In the following results, the first line always corresponds to the first execution with those settings (usually slower), the second line to the second execution and so on.
Scala 3.3.3
Executed in 137.65 secs fish external
usr time 17.65 mins 0.00 micros 17.65 mins
sys time 0.51 mins 784.00 micros 0.51 mins
Executed in 69.84 secs fish external
usr time 674.95 secs 0.00 millis 674.95 secs
sys time 24.09 secs 1.72 millis 24.09 secs
Executed in 73.79 secs fish external
usr time 667.21 secs 0.00 micros 667.21 secs
sys time 23.39 secs 955.00 micros 23.39 secs
Executed in 72.61 secs fish external
usr time 684.94 secs 526.00 micros 684.94 secs
sys time 24.10 secs 363.00 micros 24.10 secs
Scala 3.5-nightly - Pipelining OFF
Executed in 139.74 secs fish external
usr time 16.80 mins 0.15 millis 16.80 mins
sys time 0.64 mins 1.04 millis 0.64 mins
Executed in 78.43 secs fish external
usr time 696.23 secs 0.00 millis 696.23 secs
sys time 28.91 secs 1.06 millis 28.91 secs
Executed in 76.89 secs fish external
usr time 688.25 secs 713.00 micros 688.25 secs
sys time 29.01 secs 269.00 micros 29.01 secs
Executed in 77.26 secs fish external
usr time 700.63 secs 704.00 micros 700.62 secs
sys time 29.45 secs 268.00 micros 29.45 secs
Scala 3.5-nightly - Pipelining ON
Executed in 142.46 secs fish external
usr time 18.51 mins 0.00 micros 18.51 mins
sys time 0.68 mins 840.00 micros 0.68 mins
Executed in 133.74 secs fish external
usr time 16.46 mins 0.00 millis 16.46 mins
sys time 0.62 mins 1.14 millis 0.62 mins
Executed in 135.49 secs fish external
usr time 17.18 mins 0.00 millis 17.18 mins
sys time 0.66 mins 1.13 millis 0.66 mins
Executed in 138.20 secs fish external
usr time 16.60 mins 0.00 micros 16.60 mins
sys time 0.63 mins 831.00 micros 0.63 mins
@gvolpe I have to say I can’t really offer any diagnostics without suggesting you perhaps use a profiler, such as -Yprofile-enabled combined with -Yprofile-destination foo-project.csv (I recommend a destination file derived from the project name)

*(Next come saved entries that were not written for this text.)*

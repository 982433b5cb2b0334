-- ===== src/Publisher/Calls.antt =====
-- src/publisher.rs: what every call of a publication keeps, the publication keeps.
use nexus_auth.Prelude.{
  ℕ, zero, suc, ◌*◌, ◌≡◌, Option, none, some, List, [], ◌∷◌, Text, Bytes, text, ok, Result-cases,
  Option-cases, inl, inr, All,
}
use nexus_auth.Names.{External}
use nexus_auth.Authority.{Authority, ServiceEntry, IndexDoc, Signing, index_key, sign_index}
use nexus_auth.Context.{AuthContext, SidecarError, sidecar_error, System, Env}
use nexus_auth.Context.Task.{return, attempt, sleep, resume, feed_ind, or_else_ind}
use nexus_auth.Publisher.{
  publish_attempts, publish_backoff, add_key_from, add_key_with_retry, noted, publish_each, publish,
  publish_all, publish_whitelists, publish_index, authority_of, sign_services,
}

-- `I` outlives the writes of the allowed records, and the waits between them.
pub record IsKept {C W V : Type 0} (env : Env C W V) (Allowed : Text → Bytes → Type 0)
    (I : System C W V → Type 0) : Type 0 where
  pub on_write :
      (c : C) (key : Text) (value : Bytes) (s : System C W V)
      → Allowed key value
      → I s
      → I (resume env (env.add_key c key value s.world).1 s)
  pub on_sleep : (ms : ℕ) (s : System C W V) → I s → I (resume env (env.sleep ms s.world) s)

pub allowed_any : (pending : List (Text × Bytes)) → All (λ p. Unit {0}) pending
allowed_any [] = tt
allowed_any (p ∷ pending) = (tt, allowed_any pending)

module _ {C W V : Type 0} (env : Env C W V) {Allowed : Text → Bytes → Type 0}
    {I : System C W V → Type 0} (kept : IsKept env Allowed I) where
  pub add_key_from-Kept :
      (n backoff : ℕ) (last : SidecarError) (c : C) (key : Text) (value : Bytes) (s : System C W V)
      → Allowed key value
      → I s
      → I (add_key_from env n backoff last c key value s).1
  unfolding add_key_from attempt sleep
  add_key_from-Kept zero backoff last c key value s a i = i
  add_key_from-Kept (suc zero) backoff last c key value s a i = kept.on_write c key value s a i
  add_key_from-Kept (suc (suc n)) backoff last c key value s a i =
      let s₁ : System C W V = resume env (env.add_key c key value s.world).1 s in
      let i₁ : I s₁ = kept.on_write c key value s a i in
      or_else_ind (λ p. I p.1)
        (λ e s'. add_key_from env (suc n) (backoff * 2) e c key value (sleep env backoff s'))
        (attempt env (env.add_key c key value) s) (λ _ _. i₁)
        (λ f _.
          add_key_from-Kept (suc n) (backoff * 2) f c key value (sleep env backoff s₁) a
            (kept.on_sleep backoff s₁ i₁))

  pub add_key_with_retry-Kept :
      (c : C) (key : Text) (value : Bytes) (s : System C W V)
      → Allowed key value
      → I s
      → I (add_key_with_retry env c key value s).1
  unfolding add_key_with_retry
  add_key_with_retry-Kept =
      add_key_from-Kept publish_attempts publish_backoff
        (sidecar_error (text "publish_failed") (text "no attempt made"))

  pub publish_each-Kept :
      (clients : List (ℕ × C)) (key : Text) (value : Bytes) (first : Option Text) (s : System C W V)
      → Allowed key value
      → I s
      → I (publish_each env clients key value first s).1
  unfolding publish_each
  publish_each-Kept [] key value first s a i = i
  publish_each-Kept ((id, c) ∷ clients) key value first s a i =
      publish_each-Kept clients key value
        (noted first id key (add_key_with_retry env c key value s).0)
        (add_key_with_retry env c key value s).1 a (add_key_with_retry-Kept c key value s a i)

  pub publish-Kept :
      (key : Text) (value : Bytes) (s : System C W V)
      → Allowed key value
      → I s
      → I (publish env key value s).1
  unfolding publish
  publish-Kept key value s a i = publish_each-Kept s.shared.clients key value none s a i

  pub publish_all-Kept :
      (pending : List (Text × Bytes)) (s : System C W V)
      → All (λ p. Allowed p.0 p.1) pending
      → I s
      → I (publish_all env pending s).1
  unfolding publish_all
  publish_all-Kept [] s a i = i
  publish_all-Kept ((key, value) ∷ pending) s (a, rest) i =
      let i₁ : I (publish env key value s).1 = publish-Kept key value s a i in
      feed_ind (λ p. I p.1) (λ _. publish_all env pending) (publish env key value s)
        (λ _ _. publish_all-Kept pending (publish env key value s).1 rest i₁) (λ _ _. i₁)

module _ {C W V S : Type 0} (env : Env C W V) (l : Signing V S) ⦃x : External⦄
    {Allowed : Text → Bytes → Type 0} {I : System C W V → Type 0}
    (kept : IsKept env Allowed I) where
  pub publish_whitelists-Kept :
      (ctx : AuthContext W) (services : List (Text × ℕ × List Text)) (s : System C W V)
      → ((a : Authority) (entries : List ServiceEntry) (pending : List (Text × Bytes))
          → authority_of l ctx s ≡ some a
          → sign_services l a services ≡ ok (entries, pending)
          → All (λ p. Allowed p.0 p.1) pending)
      → I s
      → I (publish_whitelists env l ctx services s).1
  unfolding publish_whitelists
  publish_whitelists-Kept ctx services s allowed i = elim (Option-cases (authority_of l ctx s)) [
    | inl e ↦ rw (e, publish_whitelists) i
    | inr (a, e) ↦ elim (Result-cases (sign_services l a services)) [
      | inr (f, q) ↦ rw (e, q, publish_whitelists) i
      | inl ((entries, pending), q) ↦
          let after : I (publish_all env pending s).1 =
            publish_all-Kept env kept pending s (allowed a entries pending e q) i in
          rw (e, q, publish_whitelists)
            (feed_ind (λ p. I p.1) (λ _. return entries) (publish_all env pending s) (λ _ _. after)
              (λ _ _. after))
    ]
  ]

  pub publish_index-Kept :
      (ctx : AuthContext W) (version expires_at : ℕ) (entries : List ServiceEntry)
      (s : System C W V)
      → ((a : Authority) (value : Bytes)
          → authority_of l ctx s ≡ some a
          → sign_index l a
              (record { version = version; expires_at = expires_at; services = entries })
            ≡ ok value
          → Allowed (index_key a) value)
      → I s
      → I (publish_index env l ctx version expires_at entries s).1
  unfolding publish_index
  publish_index-Kept ctx version expires_at entries s allowed i =
      elim (Option-cases (authority_of l ctx s)) [
        | inl e ↦ rw (e, publish_index) i
        | inr (a, e) ↦
            let doc : IndexDoc = record {
              version = version;
              expires_at = expires_at;
              services = entries;
            } in
            elim (Result-cases (sign_index l a doc)) [
              | inr (f, q) ↦ rw (e, q, publish_index) i
              | inl (bytes, q) ↦
                  rw (e, q, publish_index)
                    (publish-Kept env kept (index_key a) bytes s (allowed a bytes e q) i)
            ]
      ]
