-- ===== src/Publisher/Delivery.antt =====
-- src/publisher.rs: what a publication without an error has brought to a connection.
use nexus_auth.Prelude.{
  ℕ, zero, suc, ◌*◌, ◌≡◌, ◌≢◌, refl, ◌⊎◌, inl, inr, none, some, List, [], ◌∷◌, Text, Bytes, text,
  Result, Done, ok, arith, Result-cases, Option-cases, All, subst, sym,
}
use nexus_auth.Context.{SidecarError, sidecar_error, Shared, System, Env}
use nexus_auth.Context.Task.{attempt, sleep, resume, or_else_ind, feed_ind}
use nexus_auth.Publisher.{
  publish_attempts, publish_backoff, add_key_from, add_key_with_retry, noted, failure_text,
  publish_each, publish, publish_all,
}
use nexus_auth.Publisher.Calls.{
  IsKept, allowed_any, publish_each-Kept, publish-Kept, publish_all-Kept,
}

-- The connection `c` is registered under `id`.
abbrev pub Registered : {C : Type 0} → ℕ → C → List (ℕ × C) → Type 0
Registered id c [] = ⊥
Registered id c ((i, d) ∷ clients) = ((i ≡ id) × (d ≡ c)) ⊎ Registered id c clients

-- `Stored key value w`: in the world `w`, the node behind `c` has the record. It takes what it
-- acknowledges, and keeps it until the key is written with another value. The connection stays.
pub record IsStorage {C W V : Type 0} (env : Env C W V) (id : ℕ) (c : C)
    (Stored : Text → Bytes → W → Type 0) : Type 0 where
  pub stores :
      (key : Text) (value : Bytes) (w : W)
      → (env.add_key c key value w).0 ≡ ok tt
      → Stored key value (env.add_key c key value w).1
  pub outlives_write :
      (d : C) (key other : Text) (value new : Bytes) (w : W)
      → (other ≢ key) ⊎ (new ≡ value)
      → Stored key value w
      → Stored key value (env.add_key d other new w).1
  pub outlives_sleep :
      (ms : ℕ) (key : Text) (value : Bytes) (w : W)
      → Stored key value w
      → Stored key value (env.sleep ms w)
  pub outlives_clock :
      (key : Text) (value : Bytes) (w : W)
      → Stored key value w
      → Stored key value (env.now_unix w).1
  pub stays :
      (w : W) (h : Shared C V)
      → Registered id c h.clients
      → Registered id c (env.others w h).clients

-- A write leaves the record alone or repeats it.
abbrev pub Spares : Text → Bytes → Text → Bytes → Type 0
Spares key value other new = (other ≢ key) ⊎ (new ≡ value)

-- No write of the list undoes an earlier one.
abbrev pub Coherent : List (Text × Bytes) → Type 0
Coherent [] = Unit
Coherent ((key, value) ∷ pending) = All (λ p. Spares key value p.0 p.1) pending × Coherent pending

module _ {C W V : Type 0} (env : Env C W V) (id : ℕ) (c : C) (Stored : Text → Bytes → W → Type 0)
    (storage : IsStorage env id c Stored) where
  pub stored_kept :
      (key : Text) (value : Bytes) → IsKept env (Spares key value) (λ s. Stored key value s.world)
  unfolding resume
  stored_kept key value = record {
    on_write = λ d other new s a h. storage.outlives_write d key other value new s.world a h;
    on_sleep = λ ms s h. storage.outlives_sleep ms key value s.world h;
  }

  pub Registered-kept : IsKept env (λ _ _. Unit {0}) (λ s. Registered id c s.shared.clients)
  unfolding resume
  Registered-kept = record {
    on_write = λ d key value s a h. storage.stays _ s.shared h;
    on_sleep = λ ms s h. storage.stays _ s.shared h;
  }

  add_key_from-Stored :
      (n backoff : ℕ) (last : SidecarError) (key : Text) (value : Bytes) (s : System C W V)
      → (add_key_from env n backoff last c key value s).0 ≡ ok tt
      → Stored key value (add_key_from env n backoff last c key value s).1.world
  unfolding add_key_from attempt resume
  add_key_from-Stored zero backoff last key value s h = absurd (ground (arith, h))
  add_key_from-Stored (suc zero) backoff last key value s h = storage.stores key value s.world h
  add_key_from-Stored (suc (suc n)) backoff last key value s h =
      let first : Result SidecarError Done × System C W V =
        attempt env (env.add_key c key value) s in
      or_else_ind (λ p. p.0 ≡ ok tt → Stored key value p.1.world)
        (λ e s'. add_key_from env (suc n) (backoff * 2) e c key value (sleep env backoff s')) first
        (λ _ e _. storage.stores key value s.world e)
        (λ e _. add_key_from-Stored (suc n) (backoff * 2) e key value (sleep env backoff first.1)) h

  add_key_with_retry-Stored :
      (key : Text) (value : Bytes) (s : System C W V)
      → (add_key_with_retry env c key value s).0 ≡ ok tt
      → Stored key value (add_key_with_retry env c key value s).1.world
  unfolding add_key_with_retry
  add_key_with_retry-Stored =
      add_key_from-Stored publish_attempts publish_backoff
        (sidecar_error (text "publish_failed") (text "no attempt made"))

  publish_each-some :
      (clients : List (ℕ × C)) (key : Text) (value : Bytes) (m : Text) (s : System C W V)
      → (publish_each env clients key value (some m) s).0 ≡ some m
  unfolding publish_each noted
  publish_each-some [] key value m s = refl
  publish_each-some ((i, d) ∷ clients) key value m s =
      elim (Result-cases (add_key_with_retry env d key value s).0) [
        | inl (_, e) ↦ rw (e, publish_each) (publish_each-some clients key value m _)
        | inr (f, e) ↦ rw (e, publish_each) (publish_each-some clients key value m _)
      ]

  publish_each-Stored :
      (clients : List (ℕ × C)) (key : Text) (value : Bytes) (s : System C W V)
      → Registered id c clients
      → (publish_each env clients key value none s).0 ≡ none
      → Stored key value (publish_each env clients key value none s).1.world
  unfolding publish_each noted
  publish_each-Stored [] key value s m h = absurd m
  publish_each-Stored ((i, d) ∷ clients) key value s m h =
      let after : System C W V = (add_key_with_retry env d key value s).1 in
      elim (Result-cases (add_key_with_retry env d key value s).0) [
        | inr (f, e) ↦
            absurd (
              ground
                (arith, h, e, publish_each-some clients key value (failure_text i key f) after))
        | inl (_, e) ↦ elim m [
          | inl (p, q) ↦
              rw (e, publish_each)
                (publish_each-Kept env (stored_kept key value) clients key value none after
                  (inr refl)
                  (subst
                    (λ d.
                      (add_key_with_retry env d key value s).0 ≡ ok tt
                      → Stored key value (add_key_with_retry env d key value s).1.world)
                    (sym q) (add_key_with_retry-Stored key value s) e))
          | inr r ↦
              rw (e, publish_each)
                (publish_each-Stored clients key value after r (ground (arith, h, e)))
        ]
      ]

  pub publish-Stored :
      (key : Text) (value : Bytes) (s : System C W V)
      → Registered id c s.shared.clients
      → (publish env key value s).0 ≡ ok tt
      → Stored key value (publish env key value s).1.world
  unfolding publish
  publish-Stored key value s m h =
      publish_each-Stored s.shared.clients key value s m
        (ground (arith, h, Option-cases (publish_each env s.shared.clients key value none s).0))

  pub publish_all-Registered :
      (pending : List (Text × Bytes)) (s : System C W V)
      → Registered id c s.shared.clients
      → Registered id c (publish_all env pending s).1.shared.clients
  publish_all-Registered pending s =
      publish_all-Kept env Registered-kept pending s (allowed_any pending)

  -- All records of the list are there at the end.
  pub publish_all-Stored :
      (pending : List (Text × Bytes)) (s : System C W V)
      → Coherent pending
      → Registered id c s.shared.clients
      → (publish_all env pending s).0 ≡ ok tt
      → All (λ p. Stored p.0 p.1 (publish_all env pending s).1.world) pending
  unfolding publish_all
  publish_all-Stored [] s k m h = tt
  publish_all-Stored ((key, value) ∷ pending) s k m h =
      let s' : System C W V = (publish env key value s).1 in
      feed_ind (λ p. p.0 ≡ ok tt → All (λ q. Stored q.0 q.1 p.1.world) ((key, value) ∷ pending))
        (λ _. publish_all env pending) (publish env key value s)
        (λ _ e rest. (
          publish_all-Kept env (stored_kept key value) pending s' k.0
              (publish-Stored key value s m e),
          publish_all-Stored pending s' k.1 (publish-Kept env Registered-kept key value s tt m)
              rest,
        ))
        (λ f e rest. absurd (ground (arith, rest))) h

if you were to record that data, it can give an insight into any differences in how long compiler phases are taking, and when projects are scheduled.
I use this script to parse the output of each project into a single csv I can copy into google sheets and generate a Gantt chart:
Other options include comparing async-profiler flame charts side-by side
I tried the 3.4.2 version and got some puzzling bugs with cyclic imports. And then I tried the 3.5.0-RC1 version, no bugs at all! The speed-up on GitHub - etorreborre/specs2: Software Specifications for Scala is not huge, like 10 to 15%, but what I realize is crazy is how fast the Scala compiler has become. A full recompile of the project in a hot sbt session takes now 15 or 16 seconds (with pipelining). This is a serious achievement so kudos to everyone involved!!!